# seasonic s12 ii 620w wony boot



## niz04 (Nov 7, 2013)

i have a gigabyte g41m combo mobo xeon x3220 proccy and 4 gb ram..i bought 
 seasonic 620w but it wont boot because of missing -5v white wire. i tried jump start my psu. it work. please guys help to start my pc


----------



## ASHISH65 (Nov 7, 2013)

niz04 said:


> i tried jump start my psu. it work.



what ?? can you explain in detail


----------



## niz04 (Nov 7, 2013)

my psu dont have 17 no. pin which is gnd. without than pin my pc wont boot ..i check the psu is ok ...is thier any way to use some pin and start my pv


----------



## The Sorcerer (Nov 7, 2013)

That's because they were removed from power supplies with atx12v spec version 1.3 and above. Seasonic 620 is based on v 2.3. Pretty sure that 17th pin was also made for 20 pin power supplies- the psu for very VERY *VERY* old systems. That is not the reason why the system is not starting.
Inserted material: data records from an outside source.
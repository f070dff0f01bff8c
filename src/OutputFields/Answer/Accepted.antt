-- ===== src/OutputFields/Answer/Accepted.antt =====
-- Which answers are accepted, and what is made of them.
use mathlib.Core.List.{append-nil, append_assoc}
use ieum_agent.Base.{
  ℕ, String, ◌≡◌, ◌↔◌, refl, ◌∙◌, Bool, true, false, Option, none, some, List, [], ◌∷◌, ◌++◌, arith,
  string_eq, contains, All, Distinct,
}
use ieum_agent.Base.Dict.{Dict, insert, lookup, lookup-insert}
use ieum_agent.Base.Int.{ℤ, ◌≤ℤ◌}
use ieum_agent.Base.Result.{ok, bind-ok}
use ieum_agent.Value.{
  Value, nan, infinite, dyadic, null, bool, int, float, text, dict, Entries, get,
}
use ieum_agent.OutputFields.{FieldType, text_type, number_type, boolean_type, OutputField}
use ieum_agent.OutputFields.Shape.{keys_of}
use ieum_agent.OutputFields.Answer.{
  int64_min, int64_max, type_ok, normal, judge, read_answer, read_answers, parse_structured_output,
}

-- The JSON values of each declared type: a number is a finite float or an int of 64 bits.
pub data HasType : FieldType → Value → Type 0 where
  a_text : (s : String) → HasType text_type (text s)
  a_boolean : (b : Bool) → HasType boolean_type (bool b)
  an_int : (n : ℤ) → int64_min ≤ℤ n → n ≤ℤ int64_max → HasType number_type (int n)
  a_float : (s : Bool) (m a b : ℕ) → HasType number_type (float (dyadic s m a b))

abbrev pub Answers : Entries → OutputField → Type 0
Answers es f = HasType f.ftype (get f.key es)

-- The declared keys in order, each with its value.
abbrev pub answers : Entries → List OutputField → Dict Value
answers es [] = []
answers es (f ∷ fs) = (f.key, normal f.ftype (get f.key es)) ∷ answers es fs

type_ok_sound : (t : FieldType) (v : Value) → type_ok t v ≡ true → HasType t v
unfolding type_ok
type_ok_sound text_type (text s) h = a_text s
type_ok_sound boolean_type (bool b) h = a_boolean b
type_ok_sound number_type (int n) h = an_int n (ground arith) (ground arith)
type_ok_sound number_type (float (dyadic s m a b)) h = a_float s m a b
type_ok_sound number_type (float nan) h = cc
type_ok_sound number_type (float (infinite s)) h = cc
type_ok_sound t v h = cc

type_ok_complete : (t : FieldType) (v : Value) → HasType t v → type_ok t v ≡ true
unfolding type_ok
type_ok_complete t v (a_text s) = refl
type_ok_complete t v (a_boolean b) = refl
type_ok_complete t v (an_int n p q) = ground arith
type_ok_complete t v (a_float s m a b) = refl

judge-ok :
    (key : String) (t : FieldType) (v w : Value)
    → judge key t v ≡ ok w
    → (type_ok t v ≡ true) × (w ≡ normal t v)
judge-ok key t null w h = unfold judge in cc
judge-ok key t v w h = unfold judge in ground arith

judge-HasType :
    (key : String) (t : FieldType) (v : Value) → HasType t v → judge key t v ≡ ok (normal t v)
unfolding judge
judge-HasType key t v (a_text s) = refl
judge-HasType key t v (a_boolean b) = refl
judge-HasType key t v (an_int n p q) = rw (type_ok_complete number_type (int n) (an_int n p q))
judge-HasType key t v (a_float s m a b) = refl

read_answer-ok :
    (es : Entries) (f : OutputField) (v : Value)
    → read_answer es f ≡ ok v
    → Answers es f × (v ≡ normal f.ftype (get f.key es))
read_answer-ok es f v h =
    let (typed, e) = judge-ok f.key f.ftype (get f.key es) v (unfold read_answer in h) in
    (type_ok_sound f.ftype (get f.key es) typed, e)

-- A new key goes to the end.
insert-new :
    (k : String) (v : Value) (out : Dict Value)
    → lookup k out ≡ none
    → insert k v out ≡ out ++ (k, v) ∷ []
unfolding insert lookup
insert-new k v [] h = refl
insert-new k v ((j, w) ∷ out) h = ground (arith, insert-new k v out)

abbrev New : Dict Value → List OutputField → Type 0
New out = All (λ f. lookup f.key out ≡ none)

New-insert :
    (k : String) (v : Value) (out : Dict Value) (fs : List OutputField)
    → contains (keys_of fs) k ≡ false
    → New out fs
    → New (insert k v out) fs
New-insert k v out [] h n = tt
New-insert k v out (f ∷ fs) h (p, n) =
    (ground (arith, lookup-insert f.key k v out), New-insert k v out fs (ground arith) n)

read_answers-ok :
    (es : Entries) (out result : Dict Value) (fs : List OutputField)
    → Distinct (keys_of fs)
    → New out fs
    → read_answers es out fs ≡ ok result
    → All (Answers es) fs × (result ≡ out ++ answers es fs)
unfolding read_answers
read_answers-ok es out result [] d n h = (tt, rw append-nil (ground arith))
read_answers-ok es out result (f ∷ fs) (fresh, d) (new, n) h =
    let (v, read, more) =
      bind-ok (read_answer es f) (λ v. read_answers es (insert f.key v out) fs) h in
    let (has, e) = read_answer-ok es f v read in
    let (all, same) =
      read_answers-ok es (insert f.key v out) result fs d (New-insert f.key v out fs fresh n)
        more in
    ((has, all), same ∙ rw (insert-new f.key v out new, append_assoc, e))

read_answers-All :
    (es : Entries) (out : Dict Value) (fs : List OutputField)
    → Distinct (keys_of fs)
    → New out fs
    → All (Answers es) fs
    → read_answers es out fs ≡ ok (out ++ answers es fs)
unfolding read_answers
read_answers-All es out [] d n a = rw append-nil
read_answers-All es out (f ∷ fs) (fresh, d) (new, n) (p, a) =
    rw (judge-HasType f.key f.ftype (get f.key es) p) (
      read_answers-All es (insert f.key (normal f.ftype (get f.key es)) out) fs d
        (New-insert f.key (normal f.ftype (get f.key es)) out fs fresh n) a
      ∙ rw (insert-new f.key (normal f.ftype (get f.key es)) out new, append_assoc))

New-nil : (fs : List OutputField) → New [] fs
New-nil [] = tt
New-nil (f ∷ fs) = (unfold lookup in refl, New-nil fs)

-- For declared fields whose keys differ: an answer is accepted exactly when it is a JSON object in
-- which each declared key has a value of the declared type, and the result then holds the declared
-- keys in their order and nothing else, each with its value in normal form.
pub parse_structured_output_iff :
    (data_ : Option Value) (fields : List OutputField) (out : Dict Value)
    → Distinct (keys_of fields)
    → (parse_structured_output data_ fields ≡ ok out) ↔ (
        (es : Entries) × (data_ ≡ some (dict es))
        × All (Answers es) fields
        × (out ≡ answers es fields))
unfolding parse_structured_output
parse_structured_output_iff data_ fields out d = (to data_, from data_)
  where
    to :
        (o : Option Value)
        → parse_structured_output o fields ≡ ok out
        → (es : Entries) × (o ≡ some (dict es))
          × All (Answers es) fields
          × (out ≡ answers es fields)
    to none h = cc
    to (some (dict es)) h =
        let (all, e) = read_answers-ok es [] out fields d (New-nil fields) h in (es, refl, all, e)
    to (some v) h = cc

    from :
        (o : Option Value)
        → ((es : Entries) × (o ≡ some (dict es))
            × All (Answers es) fields
            × (out ≡ answers es fields))
        → parse_structured_output o fields ≡ ok out
    from o (es, e, all, same) = rw (e, same) (read_answers-All es [] fields d (New-nil fields) all)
To check if the power supply is able to power up on its own, follow these instructions exactly:
How To: Jump Start A Power Supply (PSU) / Test A Power Supply And Components

If the fan on the psu or if you've connected any on the the psu spins, that means that the power supply is able to supply power. If it doesn't, rma the power supply. If it does, we can rule out the power supply for the time being.


----------



## niz04 (Nov 7, 2013)

yes psu worked and fan moved for some secend and then stop...but pc wont start. is their any way to start my pc

do i need to power on the psu when i do the trick...when i power off  then do the trick then psu fan moves for sec and then stop


----------



## whitestar_999 (Nov 7, 2013)

there is a reason motherboards comes in 2 categories:consumer & server grade.to use a sever grade processor you need a server grade motherboard not typical consumer grade.
GIGABYTE TECHNOLOGY Socket 775 - Intel G41 - GA-G41M-Combo supported cpu list (rev. 1.4)


----------



## niz04 (Nov 8, 2013)

what should i do now


----------



## The Sorcerer (Nov 8, 2013)

^^ Didn't you tell me via PM that you tried the step I suggested above and the power supply didn't work?


----------



## niz04 (Nov 8, 2013)

yes.i think the smps is dead


----------